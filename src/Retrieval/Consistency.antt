-- ===== src/Retrieval/Consistency.antt =====
-- `check_docement_consistency` of src/auditflow/retrieval/retrieve.py
pub mod Totals
pub mod Report
use audit_flow_ai.Base.{
  ℕ, suc, String, true, false, not, ◌&&◌, ◌≡◌, refl, sym, ap, ◌∙◌, Option, none, some, List, [],
  ◌∷◌, map, ◌==◌, if◌then◌else◌, Bool-cases, eq_iff, eq_refl, arith, inl, inr, All, All-map,
  is_none, is_empty, length,
}
use audit_flow_ai.Base.Dict.{Dict, get, put, keys, contains, get-put}
use audit_flow_ai.Base.Keys.{IsDistinct, key_of, IsDistinct-put, IsDistinct-get, contains-keys}
use audit_flow_ai.Base.Sorting.{
  IsOrder, sort_desc, IsRanked, sort_desc-IsRanked, All-sort_desc, contains-sort_desc,
}
use audit_flow_ai.Exec.{Result, ok, raised}
use audit_flow_ai.Schemas.Errors.{other}
use audit_flow_ai.Schemas.Floats.{Floats}
use audit_flow_ai.Schemas.Retrieval.{ChunkRecord, ConsistencyReport}

pub record Stats (Float : Type 0) : Type 0 where
  pub total_score : Float
  pub chunk_count : ℕ

module _ (F : Floats) where
  abbrev pub Scored : Type 0
  Scored = ChunkRecord × F.Float

  abbrev pub Entries : Type 0
  Entries = Dict (Stats F.Float)

  -- the entry that `setdefault` gives, with the score and one chunk added
  unfoldable pub add_score : Option (Stats F.Float) → F.Float → Stats F.Float
  add_score none score = record { total_score = F.add (F.decimal 0 0) score; chunk_count = 1 }
  add_score (some entry) score = record {
    total_score = F.add entry.total_score score;
    chunk_count = suc entry.chunk_count;
  }

  unfoldable pub scores_by_doc : List Scored → Entries → Entries
  unfolding add_score
  scores_by_doc [] entries = entries
  scores_by_doc ((chunk, score) ∷ results) entries =
      scores_by_doc results
        (put chunk.document_id (add_score (get chunk.document_id entries) score) entries)

  abbrev doc_of : String × Stats F.Float → String
  doc_of item = item.0

  abbrev score_of : String × Stats F.Float → F.Float
  score_of item = item.1.total_score

  -- `{doc_id: stats["chunk_count"] for …}`
  unfoldable pub breakdown : Entries → Dict ℕ
  breakdown [] = []
  breakdown ((doc_id, stats) ∷ entries) = (doc_id, stats.chunk_count) ∷ breakdown entries

  -- `ranked_docs[1][1]["total_score"] if len(ranked_docs) > 1 else float("-inf")`
  unfoldable pub second_best : Entries → F.Float
  second_best [] = F.neg_infinity
  second_best ((doc, stats) ∷ rest) = stats.total_score

  unfoldable pub report :
      F.Float → F.Float → ℕ → Entries → Entries → Result (ConsistencyReport F.Float)
  unfolding breakdown second_best
  report concentration_threshold score_threshold count entries [] = raised other
  report concentration_threshold score_threshold count entries ((top_doc, top_stats) ∷ rest) =
      let concentration = F.div (F.decimal top_stats.chunk_count 0) (F.decimal count 0) in
      let avg_top_score = F.div top_stats.total_score (F.decimal top_stats.chunk_count 0) in
      ok (record {
        top_contract = some top_doc;
        concentration = concentration;
        avg_top_score = avg_top_score;
        best_score = none;
        margin = F.sub top_stats.total_score (second_best rest);
        is_confident =
            F.leb concentration_threshold concentration && F.leb score_threshold avg_top_score;
        contract_breakdown = breakdown entries;
      })

  -- `ranked_docs[0]` raises IndexError where there are no results.
  unfoldable pub check_docement_consistency :
      List Scored → F.Float → F.Float → Result (ConsistencyReport F.Float)
  unfolding scores_by_doc sort_desc report
  check_docement_consistency reranked_results concentration_threshold score_threshold =
      let entries = scores_by_doc reranked_results [] in
      report concentration_threshold score_threshold (length reranked_results) entries
        (sort_desc F.ltb score_of entries)

  -- The scores of a document's chunks, in order, and their sum.
  unfoldable pub scores_of : String → List Scored → List F.Float
  scores_of doc [] = []
  scores_of doc ((chunk, score) ∷ results) =
      let rest = scores_of doc results in if chunk.document_id == doc then score ∷ rest else rest

  unfoldable pub sum_from : F.Float → List F.Float → F.Float
  sum_from x [] = x
  sum_from x (y ∷ ys) = sum_from (F.add x y) ys

  abbrev pub total_of : List Scored → String → F.Float
  total_of results doc = sum_from (F.decimal 0 0) (scores_of doc results)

▶ **Problem statement**: From the records above, quote only the lines running from the line with "Entries = Dict (Stats F.Float)" to the line with "score_of item = item.1.total_score", both lines included.

▶ **Response to this exercise**:
  Entries = Dict (Stats F.Float)

  -- the entry that `setdefault` gives, with the score and one chunk added
  unfoldable pub add_score : Option (Stats F.Float) → F.Float → Stats F.Float
  add_score none score = record { total_score = F.add (F.decimal 0 0) score; chunk_count = 1 }
  add_score (some entry) score = record {
    total_score = F.add entry.total_score score;
    chunk_count = suc entry.chunk_count;
  }

  unfoldable pub scores_by_doc : List Scored → Entries → Entries
  unfolding add_score
  scores_by_doc [] entries = entries
  scores_by_doc ((chunk, score) ∷ results) entries =
      scores_by_doc results
        (put chunk.document_id (add_score (get chunk.document_id entries) score) entries)

  abbrev doc_of : String × Stats F.Float → String
  doc_of item = item.0

  abbrev score_of : String × Stats F.Float → F.Float
  score_of item = item.1.total_score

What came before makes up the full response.